Large-scale HPC simulation applications may execute across thousands to millions of processor threads. Contention for network and/or file system resources and mismatches in processor, memory, and network resources can have significant impact on application performance. Such effects can stem from a variety of sources from manufacturing variation to resource allocation, to power and cooling variation and more. This talk presents a suite of scalable tools, developed by Sandia, to gain insight into per-instance causes of application performance degradation. We present background, architectural details and actual use case examples of monitoring sources, data, and run time analyses of that data. We also present how the output can directly inform application users and operations staff about application and system performance characteristics as well as be used to provide feedback to applications and system software components. The tools are not only useful for the insights they provide but are also fun to use and can provide hours of enjoyment for users, operations staff, and researchers trying to identify ways to architect more efficient systems/applications.
Graham Heyes, Thomas Jefferson National Accelerator Facility
“Streaming Data for Nuclear Physics Experiments”

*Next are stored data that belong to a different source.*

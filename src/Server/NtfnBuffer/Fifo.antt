-- ===== src/Server/NtfnBuffer/Fifo.antt =====
-- The buffer is a bounded queue of notifications: what one side enqueues the other dequeues.
use mathlib.Core.List.{map-append}
use smos_thesis.Base.{
  suc, ◌≤◌, ◌<◌, ◌≡◌, refl, ◌∙◌, ap, List, [], ◌∷◌, ◌++◌, map, none, some, ok, err, ret, arith,
  length,
}
use smos_thesis.Server.NtfnBuffer.{
  NotificationType, vm_fault_notification, conn_destroy_notification, window_destroy_notification,
  NtfnBufferData, SharedRing, ntfn_buffer_capacity, into_data, data_into_notification,
  enqueue_ntfn_buffer_msg, dequeue_ntfn_buffer_msg,
}

-- Every notification survives the four words of a descriptor.
pub data_into_notification-into_data :
    (msg : NotificationType) → data_into_notification (into_data msg) ≡ ret msg
unfolding data_into_notification into_data
data_into_notification-into_data (vm_fault_notification x) = refl
data_into_notification-into_data (conn_destroy_notification x) = refl
data_into_notification-into_data (window_destroy_notification x) = refl

length-map : (msgs : List NotificationType) → length (map into_data msgs) ≡ length msgs
length-map [] = refl
length-map (m ∷ msgs) = ap suc (length-map msgs)

module _ (s : SharedRing) where
  open s use {Ring, entries}

  -- The ring holds the descriptors of these notifications.
  abbrev pub Holds : Ring → List NotificationType → Type 0
  Holds r msgs = entries r ≡ map into_data msgs

  -- The specification of both calls on a ring that holds `msgs`.
  pub record Behaves (r : Ring) (msgs : List NotificationType) : Type 0 where
    pub accepts :
        (m : NotificationType)
        → length msgs < ntfn_buffer_capacity
        → (r' : Ring) × (enqueue_ntfn_buffer_msg s r m ≡ ret (ok tt, r'))
          × Holds r' (msgs ++ m ∷ [])
    pub refuses :
        (m : NotificationType)
        → ntfn_buffer_capacity ≤ length msgs
        → enqueue_ntfn_buffer_msg s r m ≡ ret (err (into_data m), r)
    pub nothing : msgs ≡ [] → dequeue_ntfn_buffer_msg s r ≡ ret (none, r)
    pub oldest :
        (m : NotificationType) (rest : List NotificationType)
        → msgs ≡ m ∷ rest
        → (r' : Ring) × (dequeue_ntfn_buffer_msg s r ≡ ret (some m, r')) × Holds r' rest

  -- The buffer is a queue of at most 64 notifications: a message is appended or, when the queue is
  -- full, given back, and the oldest is taken out as it was put in.
  pub ntfn_buffer-Behaves :
      (r : Ring) (msgs : List NotificationType) → Holds r msgs → Behaves r msgs
  unfolding enqueue_ntfn_buffer_msg dequeue_ntfn_buffer_msg
  ntfn_buffer-Behaves r msgs holds = record {
    accepts = λ m room.
        let (r', e, c) =
          s.enqueue_room r (into_data m)
            (omega (arith, ap (λ (l : List NtfnBufferData). length l) holds, length-map msgs)) in
        (r', e, c ∙ rw (holds, map-append) refl);
    refuses = λ m full.
        s.enqueue_full r (into_data m)
          (omega (arith, ap (λ (l : List NtfnBufferData). length l) holds, length-map msgs));
    nothing = λ e. rw (s.dequeue_empty r (holds ∙ ap (map into_data) e)) refl;
    oldest = λ m rest e.
        let (r', d, c) =
          s.dequeue_oldest r (into_data m) (map into_data rest) (holds ∙ ap (map into_data) e) in
        (r', rw d (rw (data_into_notification-into_data m) refl), c);
  }
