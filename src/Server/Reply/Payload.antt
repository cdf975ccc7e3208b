-- ===== src/Server/Reply/Payload.antt =====
-- What a reply carries: its words, from the first register on, and at most one capability.
use smos_thesis.Base.{
  ℕ, ◌≤◌, ◌≡◌, refl, List, [], ◌∷◌, Option, none, some, Run, ret, panic, arith, length, one_of,
  two_of,
}
use smos_thesis.Server.Message.{IpcBuffer, MessageInfo}
use smos_thesis.Server.Reply.{
  HandleOrHandleCap, handle, handle_cap, SmosReply, window_create, obj_create, obj_open,
  conn_create, server_create_channel, sddf_channel_register_bidirectional, sddf_get_data_region,
  channel_open, server_handle_cap_create, conn_publish, reply_create, view, window_register,
  irq_register, conn_register, process_spawn, obj_stat, process_wait, handle_reply,
}

-- The specification: the words and the capability of each reply; a reply to `ProcWait` has none.
pub record Payload : Type 0 where
  pub words : List ℕ
  pub cap : Option ℕ

abbrev both : ℕ → ℕ → Option Payload
both w c = some (record { words = w ∷ []; cap = some c })

abbrev word : ℕ → Option Payload
word w = some (record { words = w ∷ []; cap = none })

abbrev capability : ℕ → Option Payload
capability c = some (record { words = []; cap = some c })

abbrev either : HandleOrHandleCap → Option Payload
either (handle idx) = word idx
either (handle_cap cptr) = capability cptr

abbrev address : Option ℕ → ℕ
address none = 0
address (some x) = x

abbrev pub payload : SmosReply → Option Payload
payload process_wait = none
payload (window_create hndl) = either hndl
payload (obj_create hndl) = either hndl
payload (obj_open hndl) = either hndl
payload (conn_create hndl ep) = both hndl ep
payload (server_create_channel bit hndl_cap) = both bit hndl_cap
payload (sddf_channel_register_bidirectional hndl_cap) = capability hndl_cap
payload (sddf_get_data_region hndl_cap) = capability hndl_cap
payload (channel_open ntfn) = capability ntfn
payload (server_handle_cap_create hndl cap) = both hndl cap
payload (conn_publish hndl ep) = both hndl ep
payload (reply_create hndl reply) = both hndl reply
payload (view hndl) = word hndl
payload (window_register hndl) = word hndl
payload (irq_register hndl irq_handler badge_bit) =
    some (record { words = hndl ∷ badge_bit ∷ []; cap = some irq_handler })
payload (conn_register hndl) = word hndl
payload (process_spawn hndl) = word hndl
payload (obj_stat stat) = some (record { words = stat.size ∷ address stat.paddr ∷ []; cap = none })
payload _ = some (record { words = []; cap = none })

-- Overwriting the first elements of a list.
abbrev pub over : List ℕ → List ℕ → List ℕ
over [] xs = xs
over (w ∷ ws) [] = []
over (w ∷ ws) (x ∷ xs) = w ∷ over ws xs

abbrev opt : Option ℕ → List ℕ
opt none = []
opt (some c) = c ∷ []

-- The message of a payload, in a buffer of two registers and one capability slot at least.
abbrev pub message : IpcBuffer → Option Payload → Run (IpcBuffer × MessageInfo)
message buf none = panic
message buf (some p) = ret (
  record {
    msg_regs = over p.words buf.msg_regs;
    caps_or_badges = over (opt p.cap) buf.caps_or_badges;
  },
  record { label = 0; msg_length = length p.words; extra_caps = length (opt p.cap) },
)

abbrev buffer : ℕ → ℕ → ℕ → List ℕ → List ℕ → IpcBuffer
buffer a b c regs caps = record { msg_regs = a ∷ b ∷ regs; caps_or_badges = c ∷ caps }

in_buffer :
    (a b c : ℕ) (regs caps : List ℕ) (r : SmosReply)
    → handle_reply (buffer a b c regs caps) r ≡ message (buffer a b c regs caps) (payload r)
unfolding handle_reply
in_buffer a b c regs caps process_wait = refl
in_buffer a b c regs caps (window_create (handle idx)) = refl
in_buffer a b c regs caps (window_create (handle_cap cptr)) = refl
in_buffer a b c regs caps (obj_create (handle idx)) = refl
in_buffer a b c regs caps (obj_create (handle_cap cptr)) = refl
in_buffer a b c regs caps (obj_open (handle idx)) = refl
in_buffer a b c regs caps (obj_open (handle_cap cptr)) = refl
in_buffer a b c regs caps (obj_stat stat) = ground arith
in_buffer a b c regs caps _ = refl

-- In a buffer with two message registers and a capability slot, a reply is the label `NoError`,
-- its words written from the first register on and its capability in the first slot, with the
-- length and the number of capabilities that were written, and nothing else is touched. The reply
-- to `ProcWait` panics, and no other.
pub handle_reply-message :
    (buf : IpcBuffer) (r : SmosReply)
    → 2 ≤ length buf.msg_regs
    → 1 ≤ length buf.caps_or_badges
    → handle_reply buf r ≡ message buf (payload r)
handle_reply-message buf r h k =
    let (a, b, regs, e) = two_of buf.msg_regs h in
    let (c, caps, f) = one_of buf.caps_or_badges k in
    let whole : buf ≡ buffer a b c regs caps = ground arith in
    rw whole (in_buffer a b c regs caps r)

The computing workflow model for most nuclear physics experiments has remained relatively unchanged for over thirty years. Data is read from detectors, heavily filtered to reduce data rate and stored. At a later date the data is retrieved and processed using thousands of individual jobs on a batch system. The final, compute intensive, processing, was performed locally since network bandwidth limited offsite data access. The whole process is slow, with weeks or months between steps, and forces the scientist to make choices in advance of data taking that affect data quality. Advances in all aspects of computing are beginning to make possible a model, new to nuclear physics, where filtering is relaxed and data is streamed in parallel through various stages of online and near line processing. This results in rich multi-dimensional datasets that can be made accessible for processing using grid, cloud, or leadership class computing facilities. This is a much more responsive workflow with minimum filtering of the raw data, which leaves decisions effecting science quality as late as possible. At Jefferson Lab several aspects of this computing model are being investigated. It is expected that, on the five to ten year timescale, streaming data readout and processing will become the norm.